Saturday, May 21, 2005

nicotine fix

I think I found a form of salvation for my wretchedness. “sigaret” :D it’s such a cliché but somehow having a few rounds of smoke seems to miraculously strip me of my garbage whims. I kinda feel good. So THIS is what nicotine does to people. NOW I know why people get addicted to smoking. Tonight has been real good. Lindsay Lohan on repeat (hohoho yes, you heard that right ;D) and 5 sticks of DJarum “kretek”. I’m on this funny buzz and this makes work so much easier. So so much easier. I actually now ENJOY doing my learning issue and might have even some vigor left over to do some minor thesis typing. And this NEVER happens. Every time I light up, it worries me that I’m putting myself at high risk for cancer, infertility etc but I strike that match anyway. It’s like “Ah what the f*ck!!” I still don’t smoke in my room just as yet because I dislike the post-puff whiff that might taint my clothes which helps or I’d be finishing packets by myself in hours! So right now all puffing is currently done at either Miss KosKos’ or Miss MasMas’s or Miss KhaiKhai’s. I think if any of our parents ever find out their little girls have been doing ciggies, they’d go ballistic. I never thought I’d ever do cigarettes. I guess I never thought I’d do a lot of things… like medicine. Hah.

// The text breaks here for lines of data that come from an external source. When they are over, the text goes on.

-- ===== src/Note/RoundTrip.antt =====
-- The next URL of a note, read back: `with_new_k1` and `without_k1` of src/note.rs.
use mathlib.Core.List.{append_assoc, append-nil}
use lnurlcash_core.Common.{
  some-injective, ◌⊎◌, inl, inr, ℕ, ◌≤◌, List, [], ◌∷◌, ◌++◌, Option, none, some, ◌≡◌, refl, sym,
  ap, subst, ◌∙◌, arith, and_then, map_option,
}
use lnurlcash_core.Common.Text.{Text, codes, lower, lower_char, is_ascii_uppercase}
use lnurlcash_core.Common.Decimal.{max_u64}
use lnurlcash_core.Common.Decimal.RoundTrip.{parse_u64-decimal}
use lnurlcash_core.Deps.{UrlApi, UrlLaws, SpendApi}
use lnurlcash_core.Note.{
  Pair, find_param, Fresh, rewrite_query, fresh_for, append_pairs, rebuild, first_param, note_k1,
  note_signature, note_declared_amount, with_new_k1, without_k1,
}
use lnurlcash_core.Note.Query.{IsOther}
use lnurlcash_core.Note.Rewrite.{
  rewrite_query-k1, rewrite_query-amount, rewrite_query-c, rewrite_query-sig, rewrite_query-other,
}

lower_char_idem : (c : ℕ) → lower_char (lower_char c) ≡ lower_char c
unfolding lower_char is_ascii_uppercase
lower_char_idem c = ground arith

lower_idem : (s : Text) → lower (lower s) ≡ lower s
unfolding lower
lower_idem [] = refl
lower_idem (c ∷ s) = cc (lower_char_idem c, lower_idem s)

module _ {Url : Type 0} (u : UrlApi Url) (laws : UrlLaws u) where
  pub query_pairs-append_pairs :
      (pairs : List Pair) (x : Url)
      → u.query_pairs (append_pairs u pairs x) ≡ u.query_pairs x ++ pairs
  unfolding append_pairs
  query_pairs-append_pairs [] x = sym (append-nil _)
  query_pairs-append_pairs ((k, v) ∷ pairs) x =
      query_pairs-append_pairs pairs (u.append_pair x k v)
      ∙ ap (λ (ps : List Pair). ps ++ pairs) (laws.query_pairs-append_pair x k v)
      ∙ append_assoc (u.query_pairs x) ((k, v) ∷ []) pairs

  -- A rebuilt URL has the pairs that it was given.
  pub first_param-rebuild :
      (url : Url) (pairs : List Pair) (key : Text)
      → first_param u (rebuild u url pairs) key ≡ find_param key pairs
  unfolding first_param rebuild
  first_param-rebuild url pairs key =
      simp (laws.parse-to_string, query_pairs-append_pairs, laws.query_pairs-clear_query)

  -- What a rewritten URL carries, for the values it was given.
  pub record Carries (url new : Text) (fresh : Fresh) : Type 0 where
    pub k1 : note_k1 u new ≡ map_option lower fresh.k1
    pub amount : first_param u new (codes "amount") ≡ fresh.amount
    pub signature : note_signature u new ≡ fresh.signature
    pub legacy : first_param u new (codes "sig") ≡ none
    pub others : (key : Text) → IsOther key → first_param u new key ≡ first_param u url key

  note_k1-first_param :
      (url : Text) {v : Option Text}
      → first_param u url (codes "k1") ≡ v
      → note_k1 u url ≡ map_option lower v
  unfolding note_k1
  note_k1-first_param url e = ap (map_option lower) e

  note_signature-first_param :
      (url : Text) {v : Option Text}
      → first_param u url (codes "c") ≡ v
      → first_param u url (codes "sig") ≡ none
      → note_signature u url ≡ v
  unfolding note_signature
  note_signature-first_param url {v = none} c sig = rw (c, sig)
  note_signature-first_param url {v = some v} c sig = rw c

  first_param-parse :
      (url key : Text) {parsed : Url}
      → u.parse url ≡ some parsed
      → find_param key (u.query_pairs parsed) ≡ first_param u url key
  unfolding first_param
  first_param-parse url key e = rw e

  rebuild-Carries :
      (url : Text) (parsed : Url) (fresh : Fresh)
      → u.parse url ≡ some parsed
      → Carries url (rebuild u parsed (rewrite_query fresh (u.query_pairs parsed))) fresh
  rebuild-Carries url parsed fresh e =
      let legacy =
        first_param-rebuild parsed _ (codes "sig")
        ∙ rewrite_query-sig fresh (u.query_pairs parsed) in
      record {
        k1 =
            note_k1-first_param _
              (first_param-rebuild parsed _ (codes "k1") ∙ rewrite_query-k1 fresh _);
        amount = first_param-rebuild parsed _ (codes "amount") ∙ rewrite_query-amount fresh _;
        signature =
            note_signature-first_param _
              (first_param-rebuild parsed _ (codes "c") ∙ rewrite_query-c fresh _) legacy;
        legacy = legacy;
        others = λ key other.
            first_param-rebuild parsed _ key
            ∙ rewrite_query-other fresh _ other
            ∙ first_param-parse url key e;
      }

  module _ (spend : SpendApi) where
    -- The next URL of a note that parses: it carries the new secret in lower case, the new amount
    -- unless the certificate implies it, the new certificate as `c` and never as `sig`, or no
    -- certificate at all, and every other parameter as it was.
    pub with_new_k1-Carries :
        (url k1 : Text) (amount_msat : ℕ) (signature : Option Text) (parsed : Url)
        → u.parse url ≡ some parsed
        → (new : Text) × (with_new_k1 u spend url k1 amount_msat signature ≡ some new)
          × (note_k1 u new ≡ some (lower k1))
          × Carries url new (fresh_for spend (some (lower k1)) amount_msat signature)
    unfolding with_new_k1
    with_new_k1-Carries url k1 amount_msat signature parsed e =
        let fresh = fresh_for spend (some (lower k1)) amount_msat signature in
        let carries = rebuild-Carries url parsed fresh e in
        (
          rebuild u parsed (rewrite_query fresh (u.query_pairs parsed)),
          rw e refl,
          carries.k1 ∙ ap some (lower_idem k1),
          carries,
        )

    -- The blank URL of a note that parses: it carries no secret, the amount unless the certificate
    -- implies it, the certificate as `c` and never as `sig`, or none, and every other parameter as
    -- it was.
    pub without_k1-Carries :
        (url : Text) (amount_msat : ℕ) (signature : Option Text) (parsed : Url)
        → u.parse url ≡ some parsed
        → (new : Text) × (without_k1 u spend url amount_msat signature ≡ some new)
          × Carries url new (fresh_for spend none amount_msat signature)
    unfolding without_k1
    without_k1-Carries url amount_msat signature parsed e =
        let fresh = fresh_for spend none amount_msat signature in
        (
          rebuild u parsed (rewrite_query fresh (u.query_pairs parsed)),
          rw e refl,
          rebuild-Carries url parsed fresh e,
        )

    certified_amount :
        (s : Text) (amount_msat : ℕ)
        → ((a : ℕ) → spend.cs1_amount s ≡ some a → a ≡ amount_msat)
        → (found : Option ℕ) → spend.cs1_amount s ≡ found
        → (found ≡ none) ⊎ (spend.cs1_amount s ≡ some amount_msat)
    certified_amount s amount_msat agrees none e = inl refl
    certified_amount s amount_msat agrees (some a) e = inr (e ∙ ap some (agrees a e))

    declared_amount_lem :
        (url new k1 : Text) (amount_msat : ℕ) (signature : Option Text)
        → amount_msat ≤ max_u64
        → ((a : ℕ) → and_then signature spend.cs1_amount ≡ some a → a ≡ amount_msat)
        → Carries url new (fresh_for spend (some k1) amount_msat signature)
        → note_declared_amount u spend new ≡ some amount_msat
    unfolding note_declared_amount
    declared_amount_lem url new k1 amount_msat none fits agrees carries =
        ground (arith, carries.amount, parse_u64-decimal amount_msat)
    declared_amount_lem url new k1 amount_msat (some s) fits agrees carries =
        elim (certified_amount s amount_msat agrees (spend.cs1_amount s) refl) [
          | inl e ↦ ground (arith, e, carries.amount, parse_u64-decimal amount_msat)
          | inr e ↦ ground (arith, e, carries.amount, carries.signature)
        ]

    -- The next URL of a note declares the amount that it was given, if that is a `u64` and the
    -- certificate carries no other.
    pub note_declared_amount-with_new_k1 :
        (url k1 new : Text) (amount_msat : ℕ) (signature : Option Text) (parsed : Url)
        → u.parse url ≡ some parsed
        → amount_msat ≤ max_u64
        → ((a : ℕ) → and_then signature spend.cs1_amount ≡ some a → a ≡ amount_msat)
        → with_new_k1 u spend url k1 amount_msat signature ≡ some new
        → note_declared_amount u spend new ≡ some amount_msat
    note_declared_amount-with_new_k1 url k1 new amount_msat signature parsed e fits agrees h =
        let (written, same, _, carries) =
          with_new_k1-Carries url k1 amount_msat signature parsed e in
        subst (λ t. note_declared_amount u spend t ≡ some amount_msat)
          (some-injective (sym same ∙ h))
          (declared_amount_lem url written (lower k1) amount_msat signature fits agrees carries)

Also I never thought I’d have the discipline to lose weight. And I think I kinda am. Sometimes I can’t wait for the evenings so I can do my evening runs. I still hate it but I look forward to it. Don’t know how to explain this phenomena. Hate it but want it. Kinda like bad boys I suppose. I’m in a plateau. This means nothing seems to be happening to the weight-loss scheme. I have to take a more drastic approach. Starting from tomorrow is a very strict diet control. I still have not been too strict with my food intake. There’s still the greedy child in me. The one who’d finish an entire cake or the whole box of doughnuts. That size 10 Topshop slacks must must must hang from my hips by the end of June. At present times, it’s snug on my waist. NOT GOOD ENOUGH. And that collarbone MUST protrude like sticks off my chest. And that sternal notch must hole in so deeply I could hold a guli inside it. If there’s one thing that I really feel reflects on beauty is an evident pelvic bone and a demure décolletage. I’ve dropped 2 bra size. I think I’m a B cup now. It sucks because I really love my D cups but I suppose something’s gotta give. I don’t see my bloody waist dropping inches like the stock market. F*ck.

I’m thoroughly in love with this Matthew Williamson spring/summer ’05 frock. (I HEART MW as in the I HEART HUCKABEES). It’s rainbow printed with silver stars. I thought it had a white base but when I assessed it a little more closely at another site, it had a more yellow tone to it. It doesn’t look as great as I thought before but it’s a best-seller so it still tops my list anyway. I suppose I have to say goodbye to my Blumarine number. It’s too late now to try finding for it. I really need to graduate quick or even the Matthew Williamson number would be obsolete. It’s not just the dress. I really need this recognition. The validity that I have not been wasting my youth these 4, 5 years. And for all the nights I cried myself to sleep, for the years I lived in animosity, for the months I curl myself up in bed to escape the loneliness, it’s been all worth the pain. That I actually achieved something in my life because till now when I try to recollect any form of real academic accomplishment in my territory, the list’s blank.